O filósofo Francis Kaplan acaba de publicar um livro sobre o tema, L´embryon est-il un être vivant? (Le Félin, ed.), e transcrevo aqui alguns trechos de sua entrevista a Lucette Finas. A primeira coisa que me surpreendeu lendo seu livro é que a afirmação da Igreja Católica segundo a qual o embrião é vivo desde a concepção não provém da fé, contrariamente ao que se pensa geralmente (...)

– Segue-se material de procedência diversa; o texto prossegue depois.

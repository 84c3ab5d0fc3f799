-- ===== src/Logx.antt =====
-- internal/logx: log helpers.
pub mod Throttle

Francis Kaplan- O fato –geralmente ignorado—é que a Igreja considerou, de modo absolutamente explícito e oficial, até meados do século 19, que o embrião só se torna um ser vivo, e que o aborto só é portanto homicídio, a partir do 40º. dia depois da concepção –e, para as meninas, a partir do 80º. dia. É o que diz São Tomás de Aquino, o teólogo que mais autoridade possui na Igreja Católica: é o que repetem Sixto 5 e Gregório 14; é o que ensina o catecismo romano de Pio 4 e Pio 5. E se a Igreja mudou depois, não é por razões teológicas, mas –como diz Bento 16—em função do que ela acredita ser afirmado pela ciência moderna. É possível, então, uma discussão, e, evidentemente, no puro terreno científico e epistemológico. (...)
Como a ciência –ou a epistemologia—pode demonstrar que o embrião não é um ser vivo desde o momento da concepção? Francis Kaplan—É preciso distinguir entre “estar vivo” e ser “um ser vivo”. Pode-se dizer que um embrião está vivo no mesmo sentido com que se pode dizer que meu olho, porque pode ver, está vivo em oposição a um olho cego, que pode ser considerado um olho morto, e que minha mão, porque ela pode pegar um objeto, é uma mão viva em oposição a uma mão paralisada, que pode ser considerada uma mão morta no mesmo sentido em que se fala de folhas mortas, tecidos mortos, células mortas. Mas nem meu olho nem minha mão são seres vivos. Um ser vivo é um ser que tem funções chamadas, precisamente, de funções vitais, de tal modo que formam um sistema, que não necessitam de nenhuma outra função para mantê-lo vivo, de tal modo que se uma delas não funciona, nenhuma outra funciona e então o ser se decompõe. Minha mão, meu olho, têm uma função (pegar, ver), mas não têm funções que os mantenham vivos; são mantidos vivos apenas graças ao ser vivo ao qual pertencem, no caso, eu, que sou um ser vivo (...) Quanto ao embrião, ele não tem praticamente nenhuma função vital; as funções vitais de que ele precisa para estar vivo são as da sua mãe. É graças à função digestiva da mãe que ele recebe o alimento digerido de que tem necessidade e do qual não poderia tirar proveito se a mãe não o tivesse digerido; é graças à função glicogênica do fígado da mãe que ele recebe a glicose de que necessita; é graças à função respiratória da mãe que os glóbulos vermelhos de seu sangue terão o oxigênio de que ele necessita; é graças à função excretória da mãe que ele expulsa as matérias nocivas, os detritos que de outro modo o envenenariam.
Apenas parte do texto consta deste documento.